YOUR GOAL => Only the lines that hold "close" should be in the answer, each copied from the data below.

DATA RECORDS =>
-- ===== src/Money/Rounding.antt =====
-- The one rounding of money: to the nearest, a half away from zero, once.
use native.Mathlib.Nat.{div-add-mod, mod-lt, one-le-pow, mul-one}
use mathlib.Core.Option.{some-injective}
use film_bill.Base.{
  ℕ, zero, suc, ◌+◌, ◌*◌, ◌%◌, ◌^◌, ◌≤◌, ◌<◌, ◌≡◌, refl, sym, ◌∙◌, ◌⊎◌, inl, inr, Bool, Option,
  none, some, ltb, ltb→lt, lt→ltb, if◌then◌else◌, arith, Bool-cases,
}
use film_bill.Base.Int.{ℤ, pos, negsuc, minus, ◌+ℤ◌}
use film_bill.Money.Decimal.{
  Decimal, finite, infinity, quiet_nan, signaling_nan, precision, half_up, rescale, quantize,
}

-- `r` is c·10^shift rounded: exactly that where nothing is cut off, else the nearest whole number,
-- the greater one at a half.
abbrev pub IsRounded : ℕ → ℤ → ℕ → Type 0
IsRounded c (pos k) r = r ≡ c * 10 ^ k
IsRounded c (negsuc k) r =
    (2 * (r * 10 ^ suc k) ≤ 2 * c + 10 ^ suc k) × (2 * c < 2 * (r * 10 ^ suc k) + 10 ^ suc k)

half_up_lem :
    (c m : ℕ) → 0 < m → (2 * (half_up c m * m) ≤ 2 * c + m) × (2 * c < 2 * (half_up c m * m) + m)
unfolding half_up
half_up_lem c m h = elim (Bool-cases (ltb (2 * (c % m)) m)) [
  | inl below ↦
      let small = ltb→lt (2 * (c % m)) m below in
      rw below (omega (arith, div-add-mod c m), omega (arith, div-add-mod c m, small))
  | inr above ↦
      let big : m ≤ 2 * (c % m) = ground arith in
      rw above (omega (arith, div-add-mod c m, big), omega (arith, div-add-mod c m, mod-lt c h))
]

rescale-IsRounded : (c : ℕ) (shift : ℤ) → IsRounded c shift (rescale c shift)
unfolding rescale
rescale-IsRounded c (pos k) = refl
rescale-IsRounded c (negsuc k) = half_up_lem c (10 ^ suc k) (one-le-pow (suc k) 10 (omega arith))

-- What the context makes of digits `r`: they stand, or are too many.
abbrev pub IsKept : ℕ → Decimal → Option Decimal → Type 0
IsKept r d result =
    ((r < 10 ^ precision) × (result ≡ some d)) ⊎ ((10 ^ precision ≤ r) × (result ≡ none))

keep-IsKept : (r : ℕ) (d : Decimal) → IsKept r d (if ltb r (10 ^ precision) then some d else none)
keep-IsKept r d = elim (Bool-cases (ltb r (10 ^ precision))) [
  | inl e ↦ rw e (inl (ltb→lt r (10 ^ precision) e, refl))
  | inr e ↦ rw e (inr (ground arith, refl))
]

-- A finite value is rounded to digits that are those of the exact value to the nearest, a half
-- rounded away from zero. It keeps its sign and gets the places asked for, if its digits are at most
-- 34, and else nothing is returned.
pub quantize_nearest :
    (places : ℕ) (sign : Bool) (c : ℕ) (e : ℤ)
    → (r : ℕ) × (IsRounded c (e +ℤ pos places) r
        × IsKept r (finite sign r (minus places)) (quantize places (finite sign c e)))
unfolding quantize
quantize_nearest places sign c e =
    (rescale c (e +ℤ pos places), (rescale-IsRounded c (e +ℤ pos places), keep-IsKept _ _))

shift_back : (places : ℕ) → minus places +ℤ pos places ≡ pos 0
unfolding ◌+ℤ◌
shift_back zero = refl
shift_back (suc n) = ground arith

kept_exact :
    (places : ℕ) (sign : Bool) (r : ℕ)
    → r < 10 ^ precision
    → quantize places (finite sign r (minus places)) ≡ some (finite sign r (minus places))
unfolding quantize rescale
kept_exact places sign r h = rw (shift_back places, mul-one r, lt→ltb r (10 ^ precision) h) refl

quantize_nan : (places : ℕ) → quantize places quiet_nan ≡ some quiet_nan
unfolding quantize
quantize_nan places = refl

-- What has been rounded is left as it is by rounding it once more.
pub quantize_idem :
    (places : ℕ) (d : Decimal) {rounded : Decimal}
    → quantize places d ≡ some rounded
    → quantize places rounded ≡ some rounded
quantize_idem places (finite sign c e) h =
    let (r, (_, kept)) = quantize_nearest places sign c e in
    elim kept [
      | inl (small, e) ↦ rw (sym (some-injective _ _ (sym e ∙ h))) (kept_exact places sign r small)
      | inr (large, e) ↦ cc
    ]
quantize_idem places (infinity sign) h = unfold quantize in cc
quantize_idem places quiet_nan h =
    let e = some-injective _ _ (sym (quantize_nan places) ∙ h) in rw (sym e) (quantize_nan places)
quantize_idem places signaling_nan h = unfold quantize in cc
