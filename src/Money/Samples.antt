-- ===== src/Money/Samples.antt =====
-- Runs of the money functions, and the theorems at concrete inputs.
use film_bill.Base.{◌≡◌, refl, true, false, none, some, text_eq}
use film_bill.Base.Int.{pos, negsuc, minus, ◌+ℤ◌}
use film_bill.Base.Text.{lit, strip, lower, starts_with}
use film_bill.Base.Digits.{show, zfill}
use film_bill.Money.Decimal.{
  finite, infinity, is_finite, rescale, quantize, quantize_amount, quantize_qty,
}
use film_bill.Money.Rounding.{IsRounded, IsKept, quantize_nearest}
use film_bill.Money.Format.{plain, pointed, serialise}
use film_bill.Money.Parse.{
  string, float, boolean, ok, refused, is_float, is_boolean, not_a_number, not_finite,
  must_not_be_empty, split_digits, split_sign, split_fraction, exponent, special, unsigned,
  parse_decimal, to_decimal,
}
use film_bill.Money.RoundTrip.{to_decimal-serialise}

rounds :
    (quantize_amount (finite false 5 (negsuc 2)) ≡ some (finite false 1 (negsuc 1)))
    × (quantize_amount (finite true 12345 (negsuc 2)) ≡ some (finite true 1235 (negsuc 1)))
    × (quantize_qty (finite false 7 (pos 1)) ≡ some (finite false 700000 (negsuc 3)))
    × (quantize_amount (finite false 1 (pos 40)) ≡ none)
unfolding quantize_amount quantize_qty quantize rescale
rounds = (refl, refl, refl, refl)

prints :
    (serialise (finite false 1230 (negsuc 1)) ≡ lit "12.30")
    × (serialise (finite true 5 (negsuc 3)) ≡ lit "-0.0005")
    × (serialise (finite false 1 (pos 2)) ≡ lit "100")
    × (serialise (finite false 0 (pos 2)) ≡ lit "0")
unfolding serialise plain pointed lit show zfill
prints = (refl, refl, refl, refl)

reads :
    (to_decimal (string (lit " 12.30 ")) ≡ ok (finite false 1230 (negsuc 1)))
    × (to_decimal (string (lit "-.5e3")) ≡ ok (finite true 5 (pos 2)))
    × (to_decimal (string (lit "1_000")) ≡ ok (finite false 1000 (pos 0)))
    × (to_decimal (string (lit "-Inf")) ≡ refused (not_finite (infinity true)))
    × (to_decimal (string (lit "12,30")) ≡ refused (not_a_number (lit "12,30")))
    × (to_decimal (string (lit "  ")) ≡ refused must_not_be_empty)
    × (to_decimal (float (lit "12.3")) ≡ refused (is_float (lit "12.3")))
    × (to_decimal (boolean true) ≡ refused is_boolean)
unfolding to_decimal parse_decimal unsigned split_sign split_digits split_fraction exponent special
    lower lit strip starts_with text_eq ◌+ℤ◌ is_finite
reads = (refl, refl, refl, refl, refl, refl, refl, refl)

quantize_nearest_example :
    (r : _) × (IsRounded 12345 (negsuc 2 +ℤ pos 2) r
      × IsKept r (finite true r (minus 2)) (quantize 2 (finite true 12345 (negsuc 2))))
quantize_nearest_example = quantize_nearest 2 true 12345 (negsuc 2)

to_decimal-serialise_example :
    to_decimal (string (serialise (finite true 1230 (minus 2)))) ≡ ok (finite true 1230 (minus 2))
to_decimal-serialise_example = to_decimal-serialise true 1230 2
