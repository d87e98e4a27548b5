-- ===== src/Numbering.antt =====
-- apps/api/services/number_series.py and apps/api/models/number_series.py: document numbers.
pub mod Date
pub mod Pattern
pub mod Store
pub mod Plan
pub mod Allocate
pub mod Preview
pub mod Seed
mod Samples
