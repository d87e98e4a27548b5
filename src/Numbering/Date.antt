-- ===== src/Numbering/Date.antt =====
-- Calendar dates as `datetime.date` compares and prints them.
use film_bill.Base.{ℕ, Bool, ◌&&◌, ◌||◌, ◌++◌, ltb, nat_eq}
use film_bill.Base.Text.{Text, lit}
use film_bill.Base.Digits.{show, zfill}

pub record Date : Type 0 where
  pub year : ℕ
  pub month : ℕ
  pub day : ℕ

-- `d < e`
unfoldable pub date_ltb : Date → Date → Bool
date_ltb d e =
    ltb d.year e.year
    || (nat_eq d.year e.year
        && (ltb d.month e.month || (nat_eq d.month e.month && ltb d.day e.day)))

-- `f"{n:04d}"` and the like
unfoldable pub padded : ℕ → ℕ → Text
padded width n = zfill width (show n)

-- `d.isoformat()`
unfoldable pub iso_format : Date → Text
iso_format d = padded 4 d.year ++ lit "-" ++ padded 2 d.month ++ lit "-" ++ padded 2 d.day

-- `period_key`: the year, as four characters.
unfoldable pub period_key : Date → Text
period_key d = padded 4 d.year
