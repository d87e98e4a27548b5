-- ===== src/Numbering/Pattern.antt =====
-- Patterns of document numbers (`validate_pattern`, `validate_padding`, `format_number` of
-- apps/api/services/number_series.py). An error is the constructor of its message.
pub mod Accepted
pub mod Printing
use film_bill.Base.{
  is_nil, ℕ, ◌%◌, Bool, true, false, not, ◌&&◌, ◌||◌, Option, none, some, List, [], ◌∷◌, ◌++◌, ltb,
  nat_eq, if◌then◌else◌, or_else, text_eq, contains, text_has_equality, select, any,
}
use film_bill.Base.Int.{ℤ, pos, pos_part, ltb_ℤ}
use film_bill.Base.Text.{sorted_set, Text, lit, strip, is_empty, occurs, replace, text_ltb}
use film_bill.Base.Digits.{show, zfill}
use film_bill.Numbering.Date.{Date, padded}

pub data PatternError : Type 0 where
  pattern_required : PatternError
  unknown_tokens : List Text → PatternError
  sequence_missing : PatternError
  unknown_reset : Text → PatternError
  year_missing : PatternError
  padding_out_of_range : ℤ → PatternError

pub data Result {ℓ} (A : Type ℓ) : Type ℓ where
  ok : A → Result A
  err : PatternError → Result A

infixl 5 ◌>>=◌ ◌>>◌
abbrev pub ◌>>=◌ {ℓ κ} : {A : Type ℓ} {B : Type κ} → Result A → (A → Result B) → Result B
ok a >>= f = f a
err e >>= f = err e

abbrev pub ◌>>◌ {ℓ κ} : {A : Type ℓ} {B : Type κ} → Result A → Result B → Result B
m >> k = m >>= λ _. k

-- `if refused: raise error`
abbrev pub raise_if : Bool → PatternError → Result (Unit {0})
raise_if true e = err e
raise_if false e = ok tt

-- RESET_YEARLY, RESET_NEVER and RESET_MODES of apps/api/models/number_series.py
abbrev pub reset_yearly : Text
reset_yearly = lit "yearly"

abbrev pub reset_never : Text
reset_never = lit "never"

abbrev pub reset_modes : List Text
reset_modes = reset_yearly ∷ reset_never ∷ []

abbrev pub token_year4 : Text
token_year4 = lit "{YYYY}"

abbrev pub token_year2 : Text
token_year2 = lit "{YY}"

abbrev pub token_month : Text
token_month = lit "{MM}"

abbrev pub token_sequence : Text
token_sequence = lit "{SEQ}"

abbrev pub tokens : List Text
tokens = token_year4 ∷ token_year2 ∷ token_month ∷ token_sequence ∷ []

abbrev pub year_tokens : List Text
year_tokens = token_year4 ∷ token_year2 ∷ []

-- `_BRACED.findall`: the substrings `{…}` with no brace inside. `open` is the text read since the
-- last opening brace, if one is open.
unfoldable pub braced_from : Option Text → Text → List Text
braced_from open_text [] = []
braced_from none (c ∷ s) = braced_from (if nat_eq c b'{' then some (c ∷ []) else none) s
braced_from (some t) (c ∷ s) =
    let restart = braced_from (some (c ∷ [])) s in
    let close = (t ++ c ∷ []) ∷ braced_from none s in
    let more = braced_from (some (t ++ c ∷ [])) s in
    if nat_eq c b'{' then restart else if nat_eq c b'}' then close else more

unfoldable pub braced : Text → List Text
unfolding braced_from
braced s = braced_from none s

unfoldable pub unknown_in : Text → List Text
unfolding braced sorted_set
unknown_in candidate = sorted_set (select (λ t. not (contains tokens t)) (braced candidate))

abbrev pub has_year : Text → Bool
has_year s = any (λ t. occurs t s) year_tokens

unfoldable pub validate_pattern : Option Text → Text → Result Text
validate_pattern pattern reset = do
  let candidate = strip (or_else pattern [])
  raise_if (is_empty candidate) pattern_required
  let unknown = unknown_in candidate
  raise_if (not (is_nil unknown)) (unknown_tokens unknown)
  raise_if (not (occurs token_sequence candidate)) sequence_missing
  raise_if (not (contains reset_modes reset)) (unknown_reset reset)
  raise_if (text_eq reset reset_yearly && not (has_year candidate)) year_missing
  ok candidate

abbrev pub min_padding : ℤ
min_padding = pos 1

abbrev pub max_padding : ℤ
max_padding = pos 12

unfoldable pub validate_padding : ℤ → Result ℤ
validate_padding padding =
    if ltb_ℤ padding min_padding || ltb_ℤ max_padding padding
    then err (padding_out_of_range padding)
    else ok padding

-- The tokens are replaced one after the other, the sequence last. `zfill` of a negative width
-- adds nothing.
unfoldable pub fill_dates : Text → Date → Text
unfolding padded
fill_dates pattern date = replace token_month (padded 2 date.month) (
    replace token_year2 (padded 2 (date.year % 100))
      (replace token_year4 (padded 4 date.year) pattern))

unfoldable pub sequence_text : ℕ → ℤ → Text
sequence_text value padding = zfill (pos_part padding) (show value)

unfoldable pub format_number : Text → ℕ → Date → ℤ → Text
unfolding fill_dates sequence_text
format_number pattern value date padding =
    replace token_sequence (sequence_text value padding) (fill_dates pattern date)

ANSWER FOR THE TASK =>
    let close = (t ++ c ∷ []) ∷ braced_from none s in
    if nat_eq c b'{' then restart else if nat_eq c b'}' then close else more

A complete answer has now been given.